### [THE TASK]
Each record below should be given again exactly as it reads.

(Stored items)
==================================================

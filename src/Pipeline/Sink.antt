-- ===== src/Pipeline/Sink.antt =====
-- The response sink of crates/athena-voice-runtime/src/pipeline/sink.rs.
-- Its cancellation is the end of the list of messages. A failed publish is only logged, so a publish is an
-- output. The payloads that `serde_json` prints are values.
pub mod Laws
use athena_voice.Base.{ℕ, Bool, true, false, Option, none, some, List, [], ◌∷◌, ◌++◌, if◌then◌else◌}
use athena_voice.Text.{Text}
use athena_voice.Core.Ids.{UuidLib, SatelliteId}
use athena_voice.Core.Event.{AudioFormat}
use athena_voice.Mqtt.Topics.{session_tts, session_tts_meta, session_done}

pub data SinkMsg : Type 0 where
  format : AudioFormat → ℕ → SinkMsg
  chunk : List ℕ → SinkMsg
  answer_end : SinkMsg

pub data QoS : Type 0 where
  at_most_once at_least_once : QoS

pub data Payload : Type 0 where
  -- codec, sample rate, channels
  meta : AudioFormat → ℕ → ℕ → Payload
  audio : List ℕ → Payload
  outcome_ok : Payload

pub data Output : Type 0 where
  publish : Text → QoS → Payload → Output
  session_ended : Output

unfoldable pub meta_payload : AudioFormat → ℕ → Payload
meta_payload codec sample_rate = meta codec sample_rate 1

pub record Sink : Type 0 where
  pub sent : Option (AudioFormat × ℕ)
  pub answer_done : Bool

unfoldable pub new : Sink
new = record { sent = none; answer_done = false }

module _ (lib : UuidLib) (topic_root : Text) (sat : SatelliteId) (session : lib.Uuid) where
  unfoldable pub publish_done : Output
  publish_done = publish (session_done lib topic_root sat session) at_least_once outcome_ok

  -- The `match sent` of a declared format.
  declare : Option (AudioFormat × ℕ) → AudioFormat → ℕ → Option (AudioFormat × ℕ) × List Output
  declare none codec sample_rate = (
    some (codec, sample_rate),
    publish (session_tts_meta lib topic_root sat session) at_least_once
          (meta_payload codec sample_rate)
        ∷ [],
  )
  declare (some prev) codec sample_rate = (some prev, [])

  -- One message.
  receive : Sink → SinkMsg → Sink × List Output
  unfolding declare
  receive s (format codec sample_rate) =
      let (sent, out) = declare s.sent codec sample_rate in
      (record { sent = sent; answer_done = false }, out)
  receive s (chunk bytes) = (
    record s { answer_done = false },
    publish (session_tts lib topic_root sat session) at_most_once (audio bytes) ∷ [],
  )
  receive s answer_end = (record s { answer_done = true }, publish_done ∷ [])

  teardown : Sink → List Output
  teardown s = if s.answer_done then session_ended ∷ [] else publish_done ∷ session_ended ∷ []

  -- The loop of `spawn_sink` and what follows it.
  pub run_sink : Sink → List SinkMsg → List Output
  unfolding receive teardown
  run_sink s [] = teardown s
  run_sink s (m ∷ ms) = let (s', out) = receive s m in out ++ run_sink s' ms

==================================================

### [COMPLETED EXERCISE]
filename src/Pipeline/Sink.antt
-- ===== src/Pipeline/Sink.antt =====
-- The response sink of crates/athena-voice-runtime/src/pipeline/sink.rs.
-- Its cancellation is the end of the list of messages. A failed publish is only logged, so a publish is an
-- output. The payloads that `serde_json` prints are values.
pub mod Laws
use athena_voice.Base.{ℕ, Bool, true, false, Option, none, some, List, [], ◌∷◌, ◌++◌, if◌then◌else◌}
use athena_voice.Text.{Text}
use athena_voice.Core.Ids.{UuidLib, SatelliteId}
use athena_voice.Core.Event.{AudioFormat}
use athena_voice.Mqtt.Topics.{session_tts, session_tts_meta, session_done}

pub data SinkMsg : Type 0 where
  format : AudioFormat → ℕ → SinkMsg
  chunk : List ℕ → SinkMsg
  answer_end : SinkMsg

pub data QoS : Type 0 where
  at_most_once at_least_once : QoS

pub data Payload : Type 0 where
  -- codec, sample rate, channels
  meta : AudioFormat → ℕ → ℕ → Payload
  audio : List ℕ → Payload
  outcome_ok : Payload

pub data Output : Type 0 where
  publish : Text → QoS → Payload → Output
  session_ended : Output

unfoldable pub meta_payload : AudioFormat → ℕ → Payload
meta_payload codec sample_rate = meta codec sample_rate 1

pub record Sink : Type 0 where
  pub sent : Option (AudioFormat × ℕ)
  pub answer_done : Bool

unfoldable pub new : Sink
new = record { sent = none; answer_done = false }

module _ (lib : UuidLib) (topic_root : Text) (sat : SatelliteId) (session : lib.Uuid) where
  unfoldable pub publish_done : Output
  publish_done = publish (session_done lib topic_root sat session) at_least_once outcome_ok

  -- The `match sent` of a declared format.
  declare : Option (AudioFormat × ℕ) → AudioFormat → ℕ → Option (AudioFormat × ℕ) × List Output
  declare none codec sample_rate = (
    some (codec, sample_rate),
    publish (session_tts_meta lib topic_root sat session) at_least_once
          (meta_payload codec sample_rate)
        ∷ [],
  )
  declare (some prev) codec sample_rate = (some prev, [])

  -- One message.
  receive : Sink → SinkMsg → Sink × List Output
  unfolding declare
  receive s (format codec sample_rate) =
      let (sent, out) = declare s.sent codec sample_rate in
      (record { sent = sent; answer_done = false }, out)
  receive s (chunk bytes) = (
    record s { answer_done = false },
    publish (session_tts lib topic_root sat session) at_most_once (audio bytes) ∷ [],
  )
  receive s answer_end = (record s { answer_done = true }, publish_done ∷ [])

  teardown : Sink → List Output
  teardown s = if s.answer_done then session_ended ∷ [] else publish_done ∷ session_ended ∷ []

  -- The loop of `spawn_sink` and what follows it.
  pub run_sink : Sink → List SinkMsg → List Output
  unfolding receive teardown
  run_sink s [] = teardown s
  run_sink s (m ∷ ms) = let (s', out) = receive s m in out ++ run_sink s' ms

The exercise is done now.